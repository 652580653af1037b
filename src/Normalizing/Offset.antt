-- ===== src/Normalizing/Offset.antt =====
-- The offset that makes the normalized values positive.
use argocd_autoscaler.Base.{
  ◌≡◌, refl, ap, subst, true, false, none, some, List, [], ◌∷◌, arith, Bool-cases, inl, inr, All,
  All-map, ℕ, suc, get_elem?, ◌⊎◌, ◌∙◌, Pairwise,
}
use argocd_autoscaler.Arithmetic.{Arithmetic, IsRounded}
use argocd_autoscaler.LoadIndexing.{Metric, ById}
use argocd_autoscaler.Outcomes.{returned, ◌>>=◌, or_panic}
use argocd_autoscaler.Normalizing.{
  shift_one, shift_all, shift, normalize_groups, group_by_id, normalize, widen, find_range,
  no_range, offset_of,
}
use argocd_autoscaler.Outcomes.{returned_inj, >>=-eq_returned, or_panic-eq_returned}

module _ (n : Arithmetic) where
  -- An output of Normalize with the offset, and the same output without it.
  pub record IsShifted (offset : n.Float) (x y : Metric n) : Type 0 where
    pub same_id : y.id ≡ x.id
    pub same_shard : y.shard ≡ x.shard
    pub same_query : y.query ≡ x.query
    pub same_display : y.display_value ≡ x.display_value
    pub value : n.parse (n.format (n.add (n.as_float x.value) offset)) ≡ some y.value

  shift_one-IsShifted :
      (offset : n.Float) (x : Metric n) {y : Metric n}
      → shift_one n offset x ≡ returned y
      → IsShifted offset x y
  shift_one-IsShifted offset x h =
      let (q, read, same) =
        >>=-eq_returned (or_panic (n.parse (n.format (n.add (n.as_float x.value) offset)))) _ h in
      subst (IsShifted offset x) (returned_inj same) (record {
        same_id = refl;
        same_shard = refl;
        same_query = refl;
        same_display = refl;
        value = or_panic-eq_returned _ read;
      })

  pub shift_all-IsShifted :
      (offset : n.Float) (xs ys : List (Metric n))
      → shift_all n offset xs ≡ returned ys
      → Pairwise (IsShifted offset) xs ys
  unfolding shift_all
  shift_all-IsShifted offset [] ys h = subst (Pairwise (IsShifted offset) []) (returned_inj h) tt
  shift_all-IsShifted offset (x ∷ xs) ys h =
      let (y, first, h') = >>=-eq_returned (shift_one n offset x) _ h in
      let (zs, rest, same) = >>=-eq_returned (shift_all n offset xs) _ h' in
      subst (Pairwise (IsShifted offset) (x ∷ xs)) (returned_inj same)
        (shift_one-IsShifted offset x first, shift_all-IsShifted offset xs zs rest)

  -- A value of one of the metrics.
  abbrev pub IsAmong : List (Metric n) → n.Float → Type 0
  IsAmong zs v = (j : ℕ) × (z : Metric n) × (get_elem? zs j ≡ some z) × (v ≡ n.as_float z.value)

  find_range-is :
      (zs : List (Metric n)) (r : n.Float × n.Float)
      → (((find_range n zs r).0 ≡ r.0) ⊎ IsAmong zs (find_range n zs r).0)
        × (((find_range n zs r).1 ≡ r.1) ⊎ IsAmong zs (find_range n zs r).1)
  unfolding find_range
  find_range-is [] r = (inl refl, inl refl)
  find_range-is (z ∷ zs) r =
      let (l, g) = find_range-is zs (widen n z r) in
      (
        elim l [
          | inr (j, y, at, e) ↦ inr (suc j, y, at, e)
          | inl e ↦ elim (Bool-cases (n.lt (n.as_float z.value) r.0)) [
            | inl c ↦ inr (0, z, refl, e ∙ rw c refl)
            | inr c ↦ inl (e ∙ rw c refl)
          ]
        ],
        elim g [
          | inr (j, y, at, e) ↦ inr (suc j, y, at, e)
          | inl e ↦ elim (Bool-cases (n.lt r.1 (n.as_float z.value))) [
            | inl c ↦ inr (0, z, refl, e ∙ rw c refl)
            | inr c ↦ inl (e ∙ rw c refl)
          ]
        ],
      )

  -- The least and the greatest value of metrics; the search starts from the largest float64 and its
  -- negative, which stay where there is no metric.
  pub record IsRange (zs : List (Metric n)) (least greatest : n.Float) : Type 0 where
    pub below : All (λ z. n.lt (n.as_float z.value) least ≡ false) zs
    pub above : All (λ z. n.lt greatest (n.as_float z.value) ≡ false) zs
    pub least_is : (least ≡ n.max_float) ⊎ IsAmong zs least
    pub greatest_is : (greatest ≡ n.neg n.max_float) ⊎ IsAmong zs greatest

  module _ (laws : IsRounded n) where
    AtMost : n.Float → n.Float → Type 0
    AtMost x y = n.lt y x ≡ false

    AtMost-refl : (x : n.Float) → AtMost x x
    unfolding AtMost
    AtMost-refl x = laws.ordered.lt_irrefl x

    AtMost-trans : (x y z : n.Float) → AtMost x y → AtMost y z → AtMost x z
    unfolding AtMost
    AtMost-trans x y z h k = laws.lt_cotrans z y x k h

    AtMost-of_lt : (x y : n.Float) → n.lt x y ≡ true → AtMost x y
    unfolding AtMost
    AtMost-of_lt x y h = elim (Bool-cases (n.lt y x)) [
      | inl e ↦ absurd (ground (arith, laws.ordered.lt_trans x y x h e, laws.ordered.lt_irrefl x))
      | inr e ↦ e
    ]

    -- One range lies within another.
    record IsWithin (r s : n.Float × n.Float) : Type 0 where
      lower : AtMost s.0 r.0
      upper : AtMost r.1 s.1

    abbrev Holds : n.Float × n.Float → Metric n → Type 0
    Holds r x = AtMost r.0 (n.as_float x.value) × AtMost (n.as_float x.value) r.1

    widen-lower :
        (x : Metric n) (r : n.Float × n.Float)
        → AtMost (widen n x r).0 r.0 × AtMost (widen n x r).0 (n.as_float x.value)
    widen-lower x r = elim (Bool-cases (n.lt (n.as_float x.value) r.0)) [
      | inl e ↦ rw e (AtMost-of_lt _ _ e, AtMost-refl _)
      | inr e ↦ rw e (AtMost-refl _, unfold AtMost in e)
    ]

    widen-upper :
        (x : Metric n) (r : n.Float × n.Float)
        → AtMost r.1 (widen n x r).1 × AtMost (n.as_float x.value) (widen n x r).1
    widen-upper x r = elim (Bool-cases (n.lt r.1 (n.as_float x.value))) [
      | inl e ↦ rw e (AtMost-of_lt _ _ e, AtMost-refl _)
      | inr e ↦ rw e (AtMost-refl _, unfold AtMost in e)
    ]

    find_range-IsWithin :
        (xs : List (Metric n)) (r : n.Float × n.Float) → IsWithin r (find_range n xs r)
    unfolding find_range
    find_range-IsWithin [] r = record { lower = AtMost-refl r.0; upper = AtMost-refl r.1 }
    find_range-IsWithin (x ∷ xs) r =
        let h = find_range-IsWithin xs (widen n x r) in
        record {
          lower = AtMost-trans _ _ _ h.lower (widen-lower x r).0;
          upper = AtMost-trans _ _ _ (widen-upper x r).0 h.upper;
        }

    find_range-Holds :
        (xs : List (Metric n)) (r : n.Float × n.Float) → All (Holds (find_range n xs r)) xs
    unfolding find_range
    find_range-Holds [] r = tt
    find_range-Holds (x ∷ xs) r =
        let h = find_range-IsWithin xs (widen n x r) in
        (
          (
            AtMost-trans _ _ _ h.lower (widen-lower x r).1,
            AtMost-trans _ _ _ (widen-upper x r).1 h.upper,
          ),
          find_range-Holds xs (widen n x r),
        )

    pub find_range-IsRange :
        (zs : List (Metric n))
        → IsRange zs (find_range n zs (no_range n)).0 (find_range n zs (no_range n)).1
    unfolding AtMost
    find_range-IsRange zs =
        let r = find_range n zs (no_range n) in
        let h = find_range-Holds zs (no_range n) in
        record {
          below = All-map zs (λ z b. b.0) h;
          above = All-map zs (λ z b. b.1) h;
          least_is = (find_range-is zs (no_range n)).0;
          greatest_is = (find_range-is zs (no_range n)).1;
        }

    -- With an offset that the range gives, a value of the range becomes nonnegative.
    shifted-nonnegative :
        (e : n.Float) (r : n.Float × n.Float) (x y : Metric n)
        → n.lt e (n.of_nat 0) ≡ false
        → Holds r x
        → IsShifted (offset_of n e r) x y
        → n.lt (n.as_float y.value) (n.of_nat 0) ≡ false
    unfolding AtMost
    shifted-nonnegative e r x y h (low, high) s =
        let v = n.as_float x.value in
        let c = n.mul e (n.sub r.1 r.0) in
        let spread =
          laws.mul_nonnegative e (n.sub r.1 r.0) h
            (laws.sub_nonnegative r.1 r.0 (AtMost-trans r.0 v r.1 low high)) in
        let grown =
          laws.add_mono v r.0 (offset_of n e r) (n.neg r.0) low
            (laws.add_nonnegative (n.neg r.0) c spread) in
        laws.parse_nonnegative (n.add v (offset_of n e r)) y.value s.value
          (laws.lt_cotrans _ _ _ grown (laws.add_neg r.0))

    nonnegative_lem :
        (e : n.Float) (r : n.Float × n.Float) (xs ys : List (Metric n))
        → n.lt e (n.of_nat 0) ≡ false
        → All (Holds r) xs
        → Pairwise (IsShifted (offset_of n e r)) xs ys
        → All (λ y. n.lt (n.as_float y.value) (n.of_nat 0) ≡ false) ys
    nonnegative_lem e r [] [] h a s = tt
    nonnegative_lem e r [] (y ∷ ys) h a s = absurd s
    nonnegative_lem e r (x ∷ xs) [] h a s = absurd s
    nonnegative_lem e r (x ∷ xs) (y ∷ ys) h a s =
        (shifted-nonnegative e r x y h a.0 s.0, nonnegative_lem e r xs ys h a.1 s.1)

    module _ (sort : List n.Float → List n.Float) (order : ById n → ById n) where
      -- Where rounding keeps the order of numbers and the offset's factor is not negative: if
      -- Normalize succeeds with an offset, it succeeds without one, and the two results differ by one
      -- number that is added to every value, so that each metric keeps its ID, its shard, its query
      -- and its place; no value of the result with the offset is negative; and the text that goes
      -- with each value is still that of the value without the offset.
      pub normalize_offset :
          (e : n.Float) (xs : List (Metric n)) {ys : List (Metric n)}
          → n.lt e (n.of_nat 0) ≡ false
          → normalize n sort order (some e) xs ≡ returned ys
          → (zs : List (Metric n)) × (offset : n.Float) × (normalize n sort order none xs
              ≡ returned zs)
            × Pairwise (IsShifted offset) zs ys
            × All (λ y. n.lt (n.as_float y.value) (n.of_nat 0) ≡ false) ys
      unfolding normalize shift
      normalize_offset e xs {ys} h k =
          let groups = normalize_groups n sort (order (group_by_id n xs)) in
          let (zs, normalized, shifted) = >>=-eq_returned groups (shift n (some e)) k in
          let r = find_range n zs (no_range n) in
          let pairs = shift_all-IsShifted (offset_of n e r) zs ys shifted in
          (
            zs,
            offset_of n e r,
            ap (λ o. o >>= shift n none) normalized,
            pairs,
            nonnegative_lem e r zs ys h (find_range-Holds zs (no_range n)) pairs,
          )
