-- ===== src/Normalizing/Reconcile.antt =====
-- The body of Reconcile of internal/controller/autoscaler/robustscalingnormalizer_controller.go,
-- after the rate limit, with its resource (api/autoscaler/v1alpha1/robustscalingnormalizer_types.go).
use argocd_autoscaler.Base.{Option, none, some, List, [], ◌∷◌, if◌then◌else◌}
use argocd_autoscaler.Text.{Text}
use argocd_autoscaler.Arithmetic.{Arithmetic}
use argocd_autoscaler.Controller.{
  Error, Result, ok, err, Condition, Meta, is_ready, not_ready, ready, done, failed, panicked, Pass,
  stop, emit, finish,
}
use argocd_autoscaler.LoadIndexing.{Metric, ById}
use argocd_autoscaler.LoadIndexing.Reconcile.{
  Got, found, not_found, get_failed, MetricValuesProvider,
}
use argocd_autoscaler.Outcomes as Outcomes
use argocd_autoscaler.Outcomes.{Outcome}
use argocd_autoscaler.Normalizing.{normalize}
use Prim.Native.String.{String}

pub record Spec (Q : Type 0) : Type 0 where
  pub positive_offset_e : Option Q

pub record Status (M Conditions : Type 0) : Type 0 where
  pub conditions : Conditions
  pub values : List M

module _ (n : Arithmetic) (m : Meta) where
  pub record Resource : Type 0 where
    pub spec : Spec n.Quantity
    pub status : Status (Metric n) m.Conditions

  pub data Call : Type 0 where
    delete_values : Call
    set_value : List Text → n.Float → Call  -- the labels, and the value
    update_status : Resource → Call

  abbrev pub with_condition : Condition → Resource → Resource
  with_condition c s = record s {
    status = record (s.status) { conditions = m.set s.status.conditions c };
  }

  -- Lines 161 to 164.
  abbrev pub factor : Option n.Quantity → Option n.Float
  factor none = none
  factor (some q) = some (n.as_float q)

  -- Lines 186 to 197.
  abbrev pub value_labels : Metric n → List Text
  value_labels x =
      x.shard.uid ∷ x.shard.id ∷ x.shard.namespace ∷ x.shard.name ∷ x.shard.server ∷ x.id ∷ []

  unfoldable pub record_values : List (Metric n) → Pass Call → Pass Call
  record_values [] rest = rest
  record_values (x ∷ xs) rest =
      emit (set_value (value_labels x) (n.as_float x.value)) (record_values xs rest)

  module _ (sort : List n.Float → List n.Float) (order : ById n → ById n)
      (answer : Call → Option Error) where
    abbrev pub report : String → Resource → Pass Call
    report reason s = finish answer (update_status (with_condition (not_ready reason) s)) done

    -- Lines 167 to 212.
    unfoldable pub publish : Resource → Outcome (List (Metric n)) → Pass Call
    unfolding record_values
    publish s Outcomes.panicked = stop panicked
    publish s Outcomes.failed = report "ErrorDuringNormalization" s
    publish s (Outcomes.returned xs) = emit delete_values (
        record_values xs (
          finish answer
            (update_status
              (with_condition ready (record s { status = record (s.status) { values = xs } })))
            done))

    -- Lines 140 to 166.
    unfoldable pub check_provider : Resource → MetricValuesProvider n m → Pass Call
    unfolding publish
    check_provider s p =
        if is_ready m p.conditions
        then publish s (normalize n sort order (factor s.spec.positive_offset_e) p.values)
        else report "MetricValuesProviderNotReady" s

    -- Lines 115 to 138.
    unfoldable pub find_provider : Resource → Result (MetricValuesProvider n m) → Pass Call
    unfolding check_provider
    find_provider s (err e) = report "ErrorFindingMetricsProvider" s
    find_provider s (ok p) = check_provider s p

    -- Lines 105 to 212.
    unfoldable pub reconcile : Got Resource → Result (MetricValuesProvider n m) → Pass Call
    unfolding find_provider
    reconcile not_found p = stop done
    reconcile (get_failed e) p = stop (failed e)
    reconcile (found s) p = find_provider s p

▶ AIM OF THE EXERCISE
What is needed is each line of the entries that contains the word "laws".

▶ TASK OUTPUT
  module _ (laws : IsRounded n) where
    AtMost-refl x = laws.ordered.lt_irrefl x
    AtMost-trans x y z h k = laws.lt_cotrans z y x k h
      | inl e ↦ absurd (ground (arith, laws.ordered.lt_trans x y x h e, laws.ordered.lt_irrefl x))
          laws.mul_nonnegative e (n.sub r.1 r.0) h
            (laws.sub_nonnegative r.1 r.0 (AtMost-trans r.0 v r.1 low high)) in
          laws.add_mono v r.0 (offset_of n e r) (n.neg r.0) low
            (laws.add_nonnegative (n.neg r.0) c spread) in
        laws.parse_nonnegative (n.add v (offset_of n e r)) y.value s.value
          (laws.lt_cotrans _ _ _ grown (laws.add_neg r.0))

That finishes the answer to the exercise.